Further, in this example, the ac power circuit module is specifically 220V mains supply, and the contact of the first contactor and the coil of the second contactor are connected in series in the circuit module, where the coil of the first contactor is connected with the first controller in the stand, and at this time, the first controller in the stand controls to control the coil of the first contactor to be electrified or powered off by outputting a high-low level, so that the first contactor is in an on or off state; the contact of the second contactor is connected in series in a power supply loop of the controller ECU, namely, the contact of the second contactor is connected in series with the controller ECU at the moment, when the whole alternating current power supply circuit module is closed, namely, the first contactor is closed, the coil of the first contactor is electrified, and the first contactor (contact) is closed; when the first contactor is opened, the coil of the first contactor is de-energized and the first contactor (contact) is opened. In this example, the power supply principle of the controller ECU is:

When the controller ECU needs to operate, a first controller in the bench controls a coil of a first contactor to be electrified, a first contactor KM1 is closed, a coil of a second contactor KM2 in a 12V power supply loop is electrified and closed, the whole power supply loop is connected, at the moment, a parallel connected direct current power supply and a battery submodule output equivalent voltage to supply power to the controller ECU, and the controller ECU is electrified to start operating; when the controller ECU works abnormally (such as a test gives an alarm due to high voltage), a first controller in the bench controls the coil of the first contactor to be disconnected, the first contactor KM1 is disconnected, a second contactor KM2 in the 12V power supply loop is disconnected due to the disconnection of the coil, at the moment, the power supply loop of the controller ECU is disconnected, and the controller ECU stops working when the power supply loop of the controller ECU is disconnected.

In the example, a first controller in the rack is connected with the direct-current power supply circuit module in a control mode through two contactors, and the first controller controls the switching states of the two contactors so as to further realize the control of the power supply output state of the direct-current power supply circuit module (supplying power to the controller ECU or stopping supplying power to the controller ECU); meanwhile, relatively stable voltage (equivalent voltage) output is realized through the direct-current power supply and the storage battery 1 which are connected in parallel, and the problem that the controller ECU cannot work due to voltage fluctuation is avoided.

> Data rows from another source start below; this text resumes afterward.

-- ===== src/Config/Sections.antt =====
-- The sections and the entries in the lines of a configuration file, and what the scan of
-- src/common/config.h finds of them.
use sigaw.Prelude.{
  ℕ, suc, ◌+◌, ◌≡◌, ◌≢◌, refl, sym, ◌∙◌, ap, subst, Bool, true, false, not, ◌&&◌, List, [], ◌∷◌,
  ◌++◌, Option, none, some, arith, if◌then◌else◌, Bytes, str_eq, length, any_of, map, if_rule,
  Option_rule, keep_if,
}
use mathlib.Core.List.{append_assoc, append-nil}
use sigaw.Config.Text.{
  trim_copy, parse_key_value, parse_section_header, section_of, is_bracketed, global, profile,
  other,
}
use sigaw.Config.File.{is_skipped}
use sigaw.Config.Save.{is_known_global_key, Scan, scan_line, scan_from}

unfoldable pub is_some : {A : Type 0} → Option A → Bool
is_some none = false
is_some (some a) = true

-- A line that begins a section.
unfoldable pub is_header : Bytes → Bool
unfolding is_some
is_header line =
    not (is_skipped (trim_copy line)) && is_some (parse_section_header (trim_copy line))

abbrev pub known_key : Option (Bytes × Bytes) → Option Bytes
known_key none = none
known_key (some (key, value)) = if is_known_global_key key then some key else none

-- The known key that a line has an entry for.
abbrev pub key_in : Bytes → Option Bytes
key_in line =
    if is_skipped (trim_copy line) then none else known_key (parse_key_value (trim_copy line))

-- The lines in front of the first section, and from its header on.
unfoldable pub before_section : List Bytes → List Bytes × List Bytes
before_section [] = ([], [])
before_section (line ∷ lines) =
    let (front, back) = before_section lines in
    if is_header line then ([], line ∷ lines) else (line ∷ front, back)

-- The line that the entries have for a key.
unfoldable pub text_for : List (Bytes × Bytes) → Option Bytes → Bytes → Bytes
text_for [] key line = line
text_for (e ∷ es) none line = text_for es none line
text_for (e ∷ es) (some key) line = text_for es (some key) (if str_eq key e.0 then e.1 else line)

abbrev pub has_key : Bytes → Option Bytes → Bool
has_key key none = false
has_key key (some k) = str_eq k key

-- The entries whose key no line has.
unfoldable pub absent : List (Bytes × Bytes) → List Bytes → List Bytes
absent es front =
    map (λ e. e.1) (keep_if (λ e. not (any_of (λ line. has_key e.0 (key_in line)) front)) es)

-- The indices of the keys.
unfoldable pub positions : ℕ → List (Option Bytes) → List (Bytes × ℕ)
positions n [] = []
positions n (none ∷ ks) = positions (suc n) ks
positions n (some k ∷ ks) = (k, n) ∷ positions (suc n) ks

pub before_section-append :
    (lines : List Bytes) → let (front, back) = before_section lines in lines ≡ front ++ back
unfolding before_section
before_section-append [] = refl
before_section-append (line ∷ lines) =
    if_rule (λ (o : List Bytes × List Bytes). line ∷ lines ≡ o.0 ++ o.1) (is_header line) _ _
      (λ _. refl) (λ _. ap (◌∷◌ line) (before_section-append lines))

OptionAll : {A : Type 0} → (A → Type 0) → Option A → Type 0
OptionAll P none = Unit
OptionAll P (some a) = P a

-- A section never is the global one.
section_of-kind : (name : Bytes) → (section_of name).kind ≢ global
unfolding section_of
section_of-kind name = λ e. absurd (ground (arith, e))

parse_section_header-kind :
    (line : Bytes) → OptionAll (λ c. c.kind ≢ global) (parse_section_header line)
unfolding parse_section_header OptionAll
parse_section_header-kind line =
    if_rule (OptionAll (λ c. c.kind ≢ global)) (is_bracketed (trim_copy line)) _ _
      (λ _. section_of-kind _) (λ _. tt)

-- Behind a section header nothing is found.
Behind : Scan → ℕ → Scan → Type 0
Behind s j t =
    (t.section.kind ≢ global) × (t.key_lines ≡ s.key_lines) × (t.first_section_line ≡ some j)

scan_line-Behind :
    (i j : ℕ) (line : Bytes) (s : Scan)
    → s.section.kind ≢ global
    → s.first_section_line ≡ some j
    → Behind s j (scan_line i line s)
unfolding scan_line Behind OptionAll
scan_line-Behind i j line s ne e =
    let t = trim_copy line in
    let kinds = parse_section_header-kind t in
    if_rule (Behind s j) (is_skipped t) _ _ (λ _. (ne, refl, e))
      (λ _.
        Option_rule (Behind s j) (parse_section_header t) _ _
          (λ _.
            elim s.section.kind
                as (λ k.
                  k ≢ global
                  → Behind s j (elim k as (λ _. Scan) [
                    | global ↦ elim (parse_key_value t) as (λ _. Scan) [
                      | none ↦ s
                      | some entry ↦
                          if is_known_global_key entry.0
                          then record s { key_lines = s.key_lines ++ ((entry.0, i) ∷ []) }
                          else s
                    ]
                    | profile ↦ s
                    | other ↦ s
                  ])) [
                    | global ↦ λ no. absurd (no refl)
                    | profile ↦ λ _. (ne, refl, e)
                    | other ↦ λ _. (ne, refl, e)
                  ]
              ne)
          (λ c found. (subst (OptionAll (λ c. c.kind ≢ global)) found kinds, refl, rw e refl)))

scan_from-behind :
    (lines : List Bytes) (i j : ℕ) (s : Scan)
    → s.section.kind ≢ global
    → s.first_section_line ≡ some j
    → ((scan_from i lines s).key_lines ≡ s.key_lines)
      × ((scan_from i lines s).first_section_line ≡ some j)
unfolding scan_from Behind
scan_from-behind [] i j s ne e = (refl, e)
scan_from-behind (line ∷ lines) i j s ne e =
    let (ne', same, e') = scan_line-Behind i j line s ne e in
    let (keys, first) = scan_from-behind lines (suc i) j (scan_line i line s) ne' e' in
    (keys ∙ same, first)

-- A section header ends the global part.
scan_line-header :
    (i : ℕ) (line : Bytes) (s : Scan)
    → is_header line ≡ true
    → s.first_section_line ≡ none
    → Behind s i (scan_line i line s)
unfolding scan_line is_header is_some Behind OptionAll
scan_line-header i line s h e =
    let t = trim_copy line in
    let kinds = parse_section_header-kind t in
    if_rule (Behind s i) (is_skipped t) _ _ (λ skip. absurd (ground (arith, h, skip)))
      (λ _.
        Option_rule (Behind s i) (parse_section_header t) _ _
          (λ none. absurd (ground (arith, h, none)))
          (λ c found. (subst (OptionAll (λ c. c.kind ≢ global)) found kinds, refl, rw e refl)))

-- A line of the global part adds its key.
scan_line-global :
    (i : ℕ) (line : Bytes) (s : Scan)
    → is_header line ≡ false
    → s.section.kind ≡ global
    → scan_line i line s ≡ record s { key_lines = s.key_lines ++ positions i (key_in line ∷ []) }
unfolding scan_line is_header is_some positions
scan_line-global i line s h e =
    let t = trim_copy line in ground (arith, h, e, append-nil s.key_lines)

positions-append :
    (n : ℕ) (k : Option Bytes) (ks : List (Option Bytes))
    → positions n (k ∷ ks) ≡ positions n (k ∷ []) ++ positions (suc n) ks
unfolding positions
positions-append n none ks = refl
positions-append n (some k) ks = refl

-- What the scan finds: the keys in front of the first section, and its line.
unfoldable pub Found : ℕ → List (Bytes × ℕ) → List Bytes × List Bytes → Scan → Type 0
Found i keys (front, []) t =
    (t.key_lines ≡ keys ++ positions i (map key_in front)) × (t.first_section_line ≡ none)
Found i keys (front, line ∷ back) t =
    (t.key_lines ≡ keys ++ positions i (map key_in front))
    × (t.first_section_line ≡ some (i + length front))

Found-line :
    (i : ℕ) (keys : List (Bytes × ℕ)) (line : Bytes) (front back : List Bytes) (t : Scan)
    → Found (suc i) (keys ++ positions i (key_in line ∷ [])) (front, back) t
    → Found i keys (line ∷ front, back) t
unfolding Found
Found-line i keys line front [] t (k, f) = (
  k
      ∙ append_assoc keys _ _
      ∙ ap (λ x. keys ++ x) (sym (positions-append i (key_in line) (map key_in front))),
  f,
)
Found-line i keys line front (b ∷ back) t (k, f) = (
  k
      ∙ append_assoc keys _ _
      ∙ ap (λ x. keys ++ x) (sym (positions-append i (key_in line) (map key_in front))),
  f ∙ ap some (omega arith),
)

pub scan_from-Found :
    (lines : List Bytes) (i : ℕ) (s : Scan)
    → s.section.kind ≡ global
    → s.first_section_line ≡ none
    → Found i s.key_lines (before_section lines) (scan_from i lines s)
unfolding scan_from Found before_section positions Behind
scan_from-Found [] i s e f = (sym (append-nil s.key_lines), f)
scan_from-Found (line ∷ lines) i s e f =
    let next = scan_line i line s in
    let (front, back) = before_section lines in
    if_rule (λ o. Found i s.key_lines o (scan_from (suc i) lines next)) (is_header line) _ _
      (λ h.
        let (ne, same, first) = scan_line-header i line s h f in
        let (keys, kept) = scan_from-behind lines (suc i) i next ne first in
        (keys ∙ same ∙ sym (append-nil s.key_lines), kept ∙ ap some (omega arith)))
      (λ no.
        let step = scan_line-global i line s no e in
        let rest =
          subst (λ t. Found (suc i) t.key_lines (before_section lines) (scan_from (suc i) lines t))
            (sym step)
            (scan_from-Found lines (suc i)
              (record s { key_lines = s.key_lines ++ positions i (key_in line ∷ []) }) e f) in
        Found-line i s.key_lines line front back (scan_from (suc i) lines next) (
          subst
            (λ (t : Scan). Found (suc i) t.key_lines (front, back) (scan_from (suc i) lines next))
            step rest))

In one example, the battery sub-modules are battery packs connected in parallel, where the voltage of each battery is the same as the voltage of the dc power source, i.e., each battery is capable of providing an operating voltage for the controller ECU. In the example, the multiple parallel storage batteries are introduced, so that on one hand, the reliability of power supply can be guaranteed, namely, when the power of a single storage battery is exhausted, the working voltage can be provided for the controller ECU through other storage batteries, and on the other hand, the endurance time of a power supply loop is prolonged. Preferably, a temperature sensor is arranged near each storage battery, a signal output pin of the temperature sensor is connected with a data input/output end (I/O interface) of the first controller through a data line, a switch (such as a contactor and a relay) is arranged in each storage battery loop, each temperature sensor transmits collected real-time temperature to the first controller, the first controller in the rack is convenient to obtain real-time temperature transformation conditions of each storage battery, and further when the storage battery works abnormally, the corresponding storage battery stops working by switching off the corresponding switch.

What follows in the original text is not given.